ALBUM OF THE DAY
The Cradle, “Laughing In My Sleep”
By Max Savage Levenson · August 14, 2020 Merch for this release:
Vinyl LP, Compact Disc (CD)

Paco Cathcart is about as Brooklyn as they come. Since 2012, he’s recorded 30-odd projects under the name The Cradle in home studios—and, sometimes, just homes—throughout the borough, and has played on dozens of records by other locals. Laughing in my Sleep, Cathcart’s majestic and sprawling new album, was likewise made in his home borough; more than any of his other work, however, it also documents, in vivid color, the little moments, sights, and scenes that make up life in Brooklyn. Cathcart wrote these 21 songs in the midst of several overlapping upheavals: the culmination of a U.S. tour conducted exclusively via Greyhound and Megabus, the dissolution of a long-term romantic relationship, and an eviction from his Crown Heights apartment. Collectively, they offer both glimpses into Cathcart’s loveworn heart as well as remarkably poignant scenes of a city that, in his eye, oscillates between a wonderland and a wasteland.

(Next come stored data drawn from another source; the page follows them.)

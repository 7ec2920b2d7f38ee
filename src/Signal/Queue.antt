-- ===== src/Signal/Queue.antt =====
-- src/signal.c, src/kill.c and src/raise.c: queueing a signal and taking one off the queue.
pub mod Count
pub mod Enqueue
pub mod Order
pub mod Dequeue
use nucleo_tests.Base.{
  ℕ, zero, suc, ◌+◌, Bool, true, false, not, ◌&&◌, Option, none, some, List, [], ◌∷◌, set,
  get_elem?, if◌then◌else◌,
}
use nucleo_tests.Base.Bits.{complement}
use nucleo_tests.Base.Int.{ℤ, pos, ◌+ℤ◌, ◌-ℤ◌, ltb_ℤ, eqb_ℤ, i32, minus_one}
use nucleo_tests.Signal.State.{Siginfo, SignalQueueItem, Signals, esrch, eagain, si_user, si_queue}
use nucleo_tests.Signal.Sets.{sigismember}

-- A slot is free when its `si_signo` is 0.
abbrev pub is_free : SignalQueueItem → Bool
is_free item = eqb_ℤ item.info.si_signo (pos 0)

-- The first free slot.
unfoldable pub free_slot : List SignalQueueItem → Option ℕ
free_slot [] = none
free_slot (item ∷ items) =
    if is_free item then some 0 else elim (free_slot items) [ none ↦ none | some i ↦ some (suc i) ]

-- `SCB_ICSR |= SCB_ICSR_PENDSVSET`
abbrev pub pendsv_interrupt_raise : Signals → Signals
pendsv_interrupt_raise s = record s { pendsv = true }

abbrev pub store_info : Option ℕ → Siginfo → Signals → ℤ × Signals
store_info none info s = (minus_one, record s { errno = eagain })
store_info (some i) info s =
    let next_order = i32 (s.last_order +ℤ pos 1) in
    (
      pos 0,
      pendsv_interrupt_raise (record s {
        items = set s.items i (record { info = info; order = next_order });
        last_order = next_order;
      }),
    )

unfoldable pub sigqueue_info : Siginfo → Signals → ℤ × Signals
sigqueue_info info s = store_info (free_slot s.items) info s

abbrev pub getpid : ℤ
getpid = pos 1

unfoldable pub sigqueue : ℤ → ℤ → ℕ → Signals → ℤ × Signals
unfolding sigqueue_info
sigqueue pid sig value s =
    if not (eqb_ℤ pid getpid)
    then (minus_one, record s { errno = esrch })
    else (if not (eqb_ℤ sig (pos 0))
        then sigqueue_info
            (record { si_signo = sig; si_code = si_queue; si_pid = pos 0; si_value = value }) s
        else (pos 0, s))

unfoldable pub kill : ℤ → ℤ → Signals → ℤ × Signals
unfolding sigqueue_info
kill pid sig s =
    if not (eqb_ℤ pid getpid) && ltb_ℤ (pos 0) pid
    then (minus_one, record s { errno = esrch })
    else (if not (eqb_ℤ sig (pos 0))
        then sigqueue_info
            (record { si_signo = sig; si_code = si_user; si_pid = getpid; si_value = 0 }) s
        else (pos 0, s))

unfoldable pub raise : ℤ → Signals → ℤ × Signals
unfolding kill
raise sig s = kill getpid sig s

-- Whether a candidate of some order goes before the one chosen so far.
unfoldable pub is_important : ℤ → Option (ℕ × ℤ) → Bool
is_important o none = true
is_important o (some (_, order)) = ltb_ℤ (i32 (o -ℤ order)) (pos 0)

-- The chosen slot is given out and freed; the rest of its entry stays.
abbrev pub freed : SignalQueueItem → SignalQueueItem
freed item = record item { info = record item.info { si_signo = pos 0 } }

abbrev pub take_slot : Option SignalQueueItem → ℕ → Signals → Option Siginfo × Signals
take_slot none i s = (none, s)
take_slot (some item) i s = (some item.info, record s { items = set s.items i (freed item) })

abbrev pub take_chosen : Option (ℕ × ℤ) → Signals → Option Siginfo × Signals
take_chosen none s = (none, s)
take_chosen (some (i, _)) s = take_slot (get_elem? s.items i) i s

module _ (wild_shift : ℤ → ℕ) where
  abbrev pub is_candidate : ℕ → SignalQueueItem → Bool
  is_candidate set item = not (is_free item) && sigismember wild_shift set item.info.si_signo

  -- The loop of `signal_dequeue` from slot `iqueue` on; `iqueue_chosen` and `order` in one option.
  unfoldable pub choose : ℕ → List SignalQueueItem → ℕ → Option (ℕ × ℤ) → Option (ℕ × ℤ)
  choose set [] iqueue chosen = chosen
  choose set (item ∷ items) iqueue chosen = choose set items (iqueue + 1) (
      if is_candidate set item && is_important item.order chosen
      then some (iqueue, item.order)
      else chosen)

  -- `none` is the -1 of `signal_dequeue`; it then leaves `*info` as it is.
  unfoldable pub signal_dequeue : ℕ → Signals → Option Siginfo × Signals
  signal_dequeue set s = take_chosen (choose set s.items 0 none) s

  -- The signals that are not blocked.
  unfoldable pub signal_dequeue_procmask : Signals → Option Siginfo × Signals
  signal_dequeue_procmask s = signal_dequeue (complement 32 s.procmask) s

As The Cradle, Cathcart has long favored brief songs that lean on his fragile voice and hypnotic acoustic guitar figures, but veer, without warning, towards rushes of brittle sound, sweet harmonies, and warbling horns. Laughing in my Sleep utilizes a similar palette, and the recordings are still raw—some were put down on a four-track, others are interspersed with Voice Memos and abutted with chaotic noise—but the record nonetheless presents some of his strongest and most direct songwriting to date. Cathcart’s vocal melodies are entrancing, particularly when sung with Palberta’s Lily Konigsberg, like on the lightly Celtic “One Too Many Times” or the tender, poppy “Eyes So Clear.” Throughout the record his guitar playing is dexterous, gnarled figures that propel the songs forward, and thudding drums, often reminiscent of Animal Collective at their freak-folk heyday give the album an urgency and robustness.

Cathcart paints scenes that are grounded in specificity; if Jeff Mangum turned his eye from the cosmos to the quotidian, he might end up with something like Laughing in My Sleep. We’re by Cathcart’s side in songs like “Children,” where he describes the nocturnal desolation of the Hoyt-Schermerhorn subway stop in remarkable detail. On album highlight “End of the Day,” Cathcart is seen prowling the neighborhood, watching kids shoot hoops in Saint John’s Park, before he takes the 46 bus down to Dead Horse Bay where, in one of the album’s creepiest moments, “A ghost was walking towards me picking up the broken glass/ She was looking at the edges and putting it in a plastic bag.” Evocative and strange, the world that Cathcart conjures and chronicles is an ode to a city that needs his perspective now more than ever.